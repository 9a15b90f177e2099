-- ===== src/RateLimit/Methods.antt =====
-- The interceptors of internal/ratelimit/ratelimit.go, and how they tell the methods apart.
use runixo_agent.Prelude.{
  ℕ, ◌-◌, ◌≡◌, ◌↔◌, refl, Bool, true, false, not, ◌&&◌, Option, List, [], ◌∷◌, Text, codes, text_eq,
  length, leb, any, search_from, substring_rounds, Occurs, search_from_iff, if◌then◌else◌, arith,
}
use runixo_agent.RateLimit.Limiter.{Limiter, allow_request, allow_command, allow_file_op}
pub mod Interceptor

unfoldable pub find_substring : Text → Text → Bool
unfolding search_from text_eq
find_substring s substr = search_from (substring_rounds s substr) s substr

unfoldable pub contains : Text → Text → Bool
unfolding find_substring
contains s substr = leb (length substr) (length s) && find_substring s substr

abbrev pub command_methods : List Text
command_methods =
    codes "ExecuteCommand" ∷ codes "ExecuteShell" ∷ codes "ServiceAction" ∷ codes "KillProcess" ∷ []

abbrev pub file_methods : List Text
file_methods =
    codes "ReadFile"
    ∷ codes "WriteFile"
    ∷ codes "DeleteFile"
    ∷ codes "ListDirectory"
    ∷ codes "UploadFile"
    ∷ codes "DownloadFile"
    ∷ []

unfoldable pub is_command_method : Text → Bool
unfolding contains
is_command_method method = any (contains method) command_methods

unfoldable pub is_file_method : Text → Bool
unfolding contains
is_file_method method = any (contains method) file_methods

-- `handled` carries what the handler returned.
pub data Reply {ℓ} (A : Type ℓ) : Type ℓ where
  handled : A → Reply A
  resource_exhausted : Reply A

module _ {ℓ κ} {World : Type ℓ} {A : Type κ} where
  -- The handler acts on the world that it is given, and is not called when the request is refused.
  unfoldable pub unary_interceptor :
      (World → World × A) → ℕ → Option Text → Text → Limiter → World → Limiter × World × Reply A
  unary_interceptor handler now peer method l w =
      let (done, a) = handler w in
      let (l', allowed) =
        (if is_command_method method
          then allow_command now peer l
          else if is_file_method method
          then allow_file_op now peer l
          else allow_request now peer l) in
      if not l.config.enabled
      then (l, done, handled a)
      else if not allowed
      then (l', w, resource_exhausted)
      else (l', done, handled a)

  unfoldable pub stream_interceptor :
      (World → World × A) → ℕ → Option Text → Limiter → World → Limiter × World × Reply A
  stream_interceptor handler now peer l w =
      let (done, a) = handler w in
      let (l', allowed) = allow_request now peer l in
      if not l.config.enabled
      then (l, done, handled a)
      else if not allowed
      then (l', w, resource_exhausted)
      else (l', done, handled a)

————

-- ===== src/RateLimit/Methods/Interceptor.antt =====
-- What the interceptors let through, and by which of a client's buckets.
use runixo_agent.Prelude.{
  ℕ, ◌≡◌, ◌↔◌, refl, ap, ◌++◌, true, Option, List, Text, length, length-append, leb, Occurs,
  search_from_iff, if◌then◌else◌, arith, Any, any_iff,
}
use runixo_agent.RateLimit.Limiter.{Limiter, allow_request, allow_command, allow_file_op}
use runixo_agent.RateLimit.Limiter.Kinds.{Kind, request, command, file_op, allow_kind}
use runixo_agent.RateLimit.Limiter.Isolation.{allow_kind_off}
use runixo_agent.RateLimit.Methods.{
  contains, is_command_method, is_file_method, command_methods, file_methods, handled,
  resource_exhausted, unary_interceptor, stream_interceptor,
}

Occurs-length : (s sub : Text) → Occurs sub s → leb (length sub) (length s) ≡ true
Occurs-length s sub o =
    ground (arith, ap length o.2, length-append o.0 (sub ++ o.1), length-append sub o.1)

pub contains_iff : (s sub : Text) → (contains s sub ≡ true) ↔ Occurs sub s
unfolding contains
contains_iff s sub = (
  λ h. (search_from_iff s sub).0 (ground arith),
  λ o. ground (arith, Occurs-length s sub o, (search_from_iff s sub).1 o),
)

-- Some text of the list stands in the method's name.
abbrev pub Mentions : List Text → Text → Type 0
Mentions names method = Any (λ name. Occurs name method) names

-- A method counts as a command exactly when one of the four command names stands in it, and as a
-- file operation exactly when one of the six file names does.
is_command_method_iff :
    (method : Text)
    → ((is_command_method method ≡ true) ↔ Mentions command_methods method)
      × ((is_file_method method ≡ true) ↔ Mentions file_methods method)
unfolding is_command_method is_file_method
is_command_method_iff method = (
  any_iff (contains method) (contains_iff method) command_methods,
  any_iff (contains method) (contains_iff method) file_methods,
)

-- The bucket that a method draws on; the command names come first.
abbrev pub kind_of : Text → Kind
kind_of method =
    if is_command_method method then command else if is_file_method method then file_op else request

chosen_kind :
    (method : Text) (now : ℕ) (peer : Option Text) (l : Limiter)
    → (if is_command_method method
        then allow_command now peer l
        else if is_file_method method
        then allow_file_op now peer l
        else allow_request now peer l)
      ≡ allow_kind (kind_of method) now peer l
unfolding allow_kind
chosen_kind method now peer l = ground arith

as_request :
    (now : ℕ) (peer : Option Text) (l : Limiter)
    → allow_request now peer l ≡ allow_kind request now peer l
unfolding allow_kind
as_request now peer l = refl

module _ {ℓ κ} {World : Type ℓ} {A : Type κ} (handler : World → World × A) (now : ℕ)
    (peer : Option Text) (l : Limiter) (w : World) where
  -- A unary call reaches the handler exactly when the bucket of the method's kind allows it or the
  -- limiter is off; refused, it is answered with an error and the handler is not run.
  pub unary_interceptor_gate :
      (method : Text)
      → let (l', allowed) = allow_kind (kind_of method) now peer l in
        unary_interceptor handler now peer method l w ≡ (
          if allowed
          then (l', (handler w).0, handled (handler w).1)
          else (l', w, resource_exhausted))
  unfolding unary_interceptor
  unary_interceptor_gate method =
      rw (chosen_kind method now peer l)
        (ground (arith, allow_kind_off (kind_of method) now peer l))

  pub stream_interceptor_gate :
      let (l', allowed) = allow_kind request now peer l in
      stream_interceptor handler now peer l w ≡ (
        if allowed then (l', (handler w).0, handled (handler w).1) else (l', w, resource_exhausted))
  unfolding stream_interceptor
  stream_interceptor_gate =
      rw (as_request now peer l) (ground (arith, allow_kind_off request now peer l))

————

▶ [Problem requirements]: Find the lines that mention "where" in the entries and show them.

▶ [Reply to the task]:
pub data Reply {ℓ} (A : Type ℓ) : Type ℓ where
module _ {ℓ κ} {World : Type ℓ} {A : Type κ} where
    (peer : Option Text) (l : Limiter) (w : World) where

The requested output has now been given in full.